Las fotos de familia se complementaban con los álbumes. Se colocaban las mejores fotos y era común encontrar alguna foto cortada a la mitad o mutilada y cuando los curiosos preguntábamos sobre la razón de estar cortada, la respuesta era evasiva y por lo general te decían: “es de un novio odioso o es de una persona que me hizo daño”.

Las tribus aborígenes de norteamérica evitaban tomarse fotos porque decían que “les robaban el alma” y las fotos han sido muy usadas por los santeros y aficionados a la macumba y magia negra para hacer sus “trabajos” en contra de alguna persona.

Curiosamente, las fotos de familia sirven para dar una apariencia. Nos muestran a una familia unida y proyectan una irrealidad que con el paso del tiempo se convierte en una verdad indestructible. Suegras y nueras o cuñadas aborrecidas sonríen dicen “whiskey” se toman la foto y aparentan ser armónicas amigas.

Los viudos o divorciados insisten en tener las fotos de sus exparejas aduciendo que eran las mamás de sus hijos y que se ofenderían ellos si las quitasen. Las batallas subterráneas de las emociones y críticas son cubiertas por un hermoso velo de paz y armonía en el hogar.

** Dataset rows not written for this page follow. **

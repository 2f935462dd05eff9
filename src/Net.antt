-- ===== src/Net.antt =====
-- Go's net.IP and net.UDPAddr as the program uses them. An IPv4 address and its IPv4-in-IPv6 form
-- are one address to `To4`, `Equal` and `String`, so both are `v4` here.
use vapora.Base.{
  List, ◌++◌, if◌then◌else◌, refl, ℕ, ◌≡◌, ◌↔◌, Bool, true, false, ◌&&◌, Option, none, some, [],
  ◌∷◌, ◌==◌, arith, Bytes, bytes_eq, bytes_eq_iff, replicate,
}

pub data Ip : Type 0 where
  v4 : ℕ → ℕ → ℕ → ℕ → Ip
  v6 : Bytes → Ip

pub record UdpAddr : Type 0 where
  pub ip : Ip
  pub port : ℕ

-- `ip.To4()`, nil for an address that has no IPv4 form.
abbrev pub to_4 : Ip → Option Bytes
to_4 (v4 a b c d) = some (a ∷ b ∷ c ∷ d ∷ [])
to_4 (v6 bs) = none

-- `ip.IsUnspecified`.
abbrev pub is_unspecified : Ip → Bool
is_unspecified (v4 a b c d) = a == 0 && b == 0 && c == 0 && d == 0
is_unspecified (v6 bs) = bytes_eq bs (replicate 16 0)

-- `ip.Equal`.
unfoldable pub ip_eq : Ip → Ip → Bool
unfolding bytes_eq
ip_eq (v4 a b c d) (v4 a' b' c' d') = a == a' && b == b' && c == c' && d == d'
ip_eq (v6 bs) (v6 cs) = bytes_eq bs cs
ip_eq _ _ = false

pub ip_eq_iff : (a b : Ip) → (ip_eq a b ≡ true) ↔ (a ≡ b)
unfolding ip_eq
ip_eq_iff (v4 a b c d) (v4 a' b' c' d') = ground arith
ip_eq_iff (v6 bs) (v6 cs) = ground (arith, bytes_eq_iff bs cs)
ip_eq_iff _ _ = ground arith

-- Two addresses whose `String()` is the same, which is what the maps of the program are keyed by.
unfoldable pub addr_eq : UdpAddr → UdpAddr → Bool
addr_eq a b = ip_eq a.ip b.ip && a.port == b.port

pub addr_eq_iff : (a b : UdpAddr) → (addr_eq a b ≡ true) ↔ (a ≡ b)
unfolding addr_eq
addr_eq_iff a b = ground (arith, ip_eq_iff a.ip b.ip)

abbrev pub contains_addr : List UdpAddr → UdpAddr → Bool
contains_addr [] addr = false
contains_addr (known ∷ rest) addr = if addr_eq known addr then true else contains_addr rest addr

-- No address stands twice.
abbrev pub Distinct : List UdpAddr → Type 0
Distinct [] = Unit
Distinct (a ∷ as') = (contains_addr as' a ≡ false) × Distinct as'

contains_addr-append :
    (as' : List UdpAddr) (a b : UdpAddr)
    → contains_addr (as' ++ a ∷ []) b ≡ (if contains_addr as' b then true else addr_eq a b)
contains_addr-append [] a b = ground arith
contains_addr-append (x ∷ as') a b = ground (arith, contains_addr-append as' a b)

pub Distinct-append :
    (as' : List UdpAddr) (a : UdpAddr)
    → Distinct as'
    → contains_addr as' a ≡ false
    → Distinct (as' ++ a ∷ [])
Distinct-append [] a d h = (refl, tt)
Distinct-append (x ∷ as') a d h = (
  ground (arith, contains_addr-append as' a x, addr_eq_iff x a, addr_eq_iff a x),
  Distinct-append as' a d.1 (ground arith),
)
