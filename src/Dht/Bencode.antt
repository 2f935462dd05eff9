-- ===== src/Dht/Bencode.antt =====
-- pkg/dht/bencode.go. A dictionary, a Go map, is its entries in any order; an error of `Decode` is
-- always `ErrBencode`, here `none`. A value here is one of the kinds that `Encode` takes, so its
-- error does not arise; an `int` is an `int64`.
pub mod Texts
pub mod Ordered
pub mod RoundTrip
mod Tests
use vapora.Base.{
  ℕ, zero, suc, ◌+◌, ◌*◌, ◌%◌, ◌^◌, Bool, true, false, not, ◌&&◌, Option, none, some, List, [], ◌∷◌,
  ◌++◌, ltb, leb, ◌==◌, if◌then◌else◌, length, take, drop, Bytes, bytes_eq, bytes_less,
}
use vapora.Base.Int.{ℤ}
use vapora.Base.Decimal.{decimal, read_decimal, signed, read_signed, is_digit}

mutual
  pub data Value : Type 0 where
    text : Bytes → Value
    number : ℤ → Value
    list_of : Items → Value
    dict_of : Dict → Value

  pub data Items : Type 0 where
    no_items : Items
    item : Value → Items → Items

  pub data Dict : Type 0 where
    no_entries : Dict
    entry : Bytes → Value → Dict → Dict

-- `sort.Strings` on the keys, each with what is appended for it.
unfoldable pub sort_in : Bytes → Bytes → List (Bytes × Bytes) → List (Bytes × Bytes)
sort_in key v [] = (key, v) ∷ []
sort_in key v ((k, w) ∷ es) =
    let later = sort_in key v es in
    if bytes_less key k then (key, v) ∷ (k, w) ∷ es else (k, w) ∷ later

unfoldable pub sorted : List (Bytes × Bytes) → List (Bytes × Bytes)
sorted [] = []
sorted ((k, v) ∷ es) = sort_in k v (sorted es)

unfoldable pub joined : List (Bytes × Bytes) → Bytes
joined [] = []
joined ((k, v) ∷ es) = v ++ joined es

-- `appendString` and `appendInt`, as what they append.
unfoldable pub encode_text : Bytes → Bytes
encode_text value = decimal (length value) ++ b':' ∷ value

unfoldable pub encode_int : ℤ → Bytes
encode_int value = b'i' ∷ signed value ++ b'e' ∷ []

-- `appendValue` and `appendDict`. Entries are put in order once they are encoded, which gives the
-- same bytes.
unfoldable mutual
  pub encode : Value → Bytes
  encode (text t) = encode_text t
  encode (number n) = encode_int n
  encode (list_of items) = b'l' ∷ encode_items items ++ b'e' ∷ []
  encode (dict_of d) = b'd' ∷ joined (sorted (encode_entries d)) ++ b'e' ∷ []

  pub encode_items : Items → Bytes
  encode_items no_items = []
  encode_items (item v vs) = encode v ++ encode_items vs

  pub encode_entries : Dict → List (Bytes × Bytes)
  encode_entries no_entries = []
  encode_entries (entry k v d) = (k, encode_text k ++ encode v) ∷ encode_entries d

-- A string's length, up to the colon: only digits, and eleven at most.
unfoldable pub split_length : ℕ → Bytes → Option (Bytes × Bytes)
split_length i [] = none
split_length i (c ∷ cs) =
    let more : Option (Bytes × Bytes) = elim (split_length (i + 1) cs) [
      | none ↦ none
      | some (ds, rest) ↦ some (c ∷ ds, rest)
    ] in
    if c == b':'
    then some ([], cs)
    else if not (is_digit c)
    then none
    else if ltb 10 i
    then none
    else more

-- As many bytes as were declared, if they are there.
unfoldable pub take_text : Option ℕ → Bytes → Option (Bytes × Bytes)
take_text none rest = none
take_text (some size) rest =
    if ltb (length rest) size then none else some (take size rest, drop size rest)

-- `decodeString`.
unfoldable pub decode_text : Bytes → Option (Bytes × Bytes)
decode_text wire = elim (split_length 0 wire) [
  | none ↦ none
  | some (ds, rest) ↦ take_text (read_decimal ds) rest
]

-- What stands before the first `e`, and after it.
unfoldable pub until_e : Bytes → Option (Bytes × Bytes)
until_e [] = none
until_e (c ∷ cs) =
    let more : Option (Bytes × Bytes) = elim (until_e cs) [
      | none ↦ none
      | some (ds, rest) ↦ some (c ∷ ds, rest)
    ] in
    if c == b'e' then some ([], cs) else more

-- `decodeInt`, behind the `i`.
unfoldable pub decode_int : Bytes → Option (ℤ × Bytes)
decode_int wire = elim (until_e wire) [
  | none ↦ none
  | some (ds, rest) ↦ elim (read_signed ds) [ none ↦ none | some n ↦ some (n, rest) ]
]

-- `dict[key] = value`.
unfoldable pub put_entry : Bytes → Value → Dict → Dict
put_entry key v no_entries = entry key v no_entries
put_entry key v (entry k w d) =
    let later = put_entry key v d in if bytes_eq k key then entry k v d else entry k w later

-- `decodeValue`, and `decodeList` and `decodeDict` behind their first byte, on fuel.
unfoldable mutual
  pub decode_value : ℕ → Bytes → Option (Value × Bytes)
  decode_value zero wire = none
  decode_value (suc f) [] = none
  decode_value (suc f) (c ∷ cs) = elim (c == b'i') [
    | true ↦ elim (decode_int cs) [ none ↦ none | some (n, rest) ↦ some (number n, rest) ]
    | false ↦ elim (c == b'l') [
      | true ↦ elim (decode_items f cs) [ none ↦ none | some (vs, rest) ↦ some (list_of vs, rest) ]
      | false ↦ elim (c == b'd') [
        | true ↦ elim (decode_entries f no_entries cs) [
          | none ↦ none
          | some (d, rest) ↦ some (dict_of d, rest)
        ]
        | false ↦ elim (decode_text (c ∷ cs)) [ none ↦ none | some (t, rest) ↦ some (text t, rest) ]
      ]
    ]
  ]

  pub decode_items : ℕ → Bytes → Option (Items × Bytes)
  decode_items zero wire = none
  decode_items (suc f) [] = none
  decode_items (suc f) (c ∷ cs) = elim (c == b'e') [
    | true ↦ some (no_items, cs)
    | false ↦ elim (decode_value f (c ∷ cs)) [
      | none ↦ none
      | some (v, rest) ↦ elim (decode_items f rest) [
        | none ↦ none
        | some (vs, rest') ↦ some (item v vs, rest')
      ]
    ]
  ]

  pub decode_entries : ℕ → Dict → Bytes → Option (Dict × Bytes)
  decode_entries zero dict wire = none
  decode_entries (suc f) dict [] = none
  decode_entries (suc f) dict (c ∷ cs) = elim (c == b'e') [
    | true ↦ some (dict, cs)
    | false ↦ elim (decode_text (c ∷ cs)) [
      | none ↦ none
      | some (key, rest) ↦ elim (decode_value f rest) [
        | none ↦ none
        | some (v, rest') ↦ decode_entries f (put_entry key v dict) rest'
      ]
    ]
  ]

-- `Decode`: one value and nothing after it.
unfoldable pub decode : Bytes → Option Value
decode wire = elim (decode_value (length wire + 1) wire) [
  | none ↦ none
  | some (v, []) ↦ some v
  | some (v, (c ∷ cs)) ↦ none
]

unfoldable pub get : Dict → Bytes → Option Value
get no_entries key = none
get (entry k v d) key = if bytes_eq k key then some v else get d key

-- The methods `String`, `Dict` and `List` of a dictionary.
unfoldable pub get_text : Dict → Bytes → Option Bytes
get_text d key = elim (get d key) [
  | none ↦ none
  | some (text t) ↦ some t
  | some (number n) ↦ none
  | some (list_of vs) ↦ none
  | some (dict_of e) ↦ none
]

unfoldable pub get_dict : Dict → Bytes → Option Dict
get_dict d key = elim (get d key) [
  | none ↦ none
  | some (text t) ↦ none
  | some (number n) ↦ none
  | some (list_of vs) ↦ none
  | some (dict_of e) ↦ some e
]

unfoldable pub get_list : Dict → Bytes → Option Items
get_list d key = elim (get d key) [
  | none ↦ none
  | some (text t) ↦ none
  | some (number n) ↦ none
  | some (list_of vs) ↦ some vs
  | some (dict_of e) ↦ none
]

Una familia sin fotos exhibidas es una familia sospechosamente rara y genera la suspicacia de preguntas como: “¿Qué pasado esconden? o “Seguramente son nuevos ricos y se avergüenzan de sus orígenes” y no faltará el comentario artero de: “No tienen fotos porque su familia es de narcos”.

La dinámica de las fotos familiares llegan hasta el cementerio. En el famoso panteón de la Recoleta en Buenos Aires Capital, se estila poner las fotos de los difuntos en las tumbas y es muy popular recorrerlo. Ahí de seguro encuentran a Gardel y a los artistas más connotados pero es casi seguro que encontraremos en una de esas calles la tumba de “Evita” y no es fortuito ver a dos mujeres argentinas desgreñarse frente a la tumba. Una dirá que “Evita” era una santa y la contrincante le dirá que Eva Perón era una rabalera, piruja, saqueadora de la Patria.

Querámoslo o no, las fotos de familia nos narran una historia. Borran resentimientos, exaltan afectos y le dan a las nuevas generaciones una filiación o referencia de dónde vienen sus antepasados.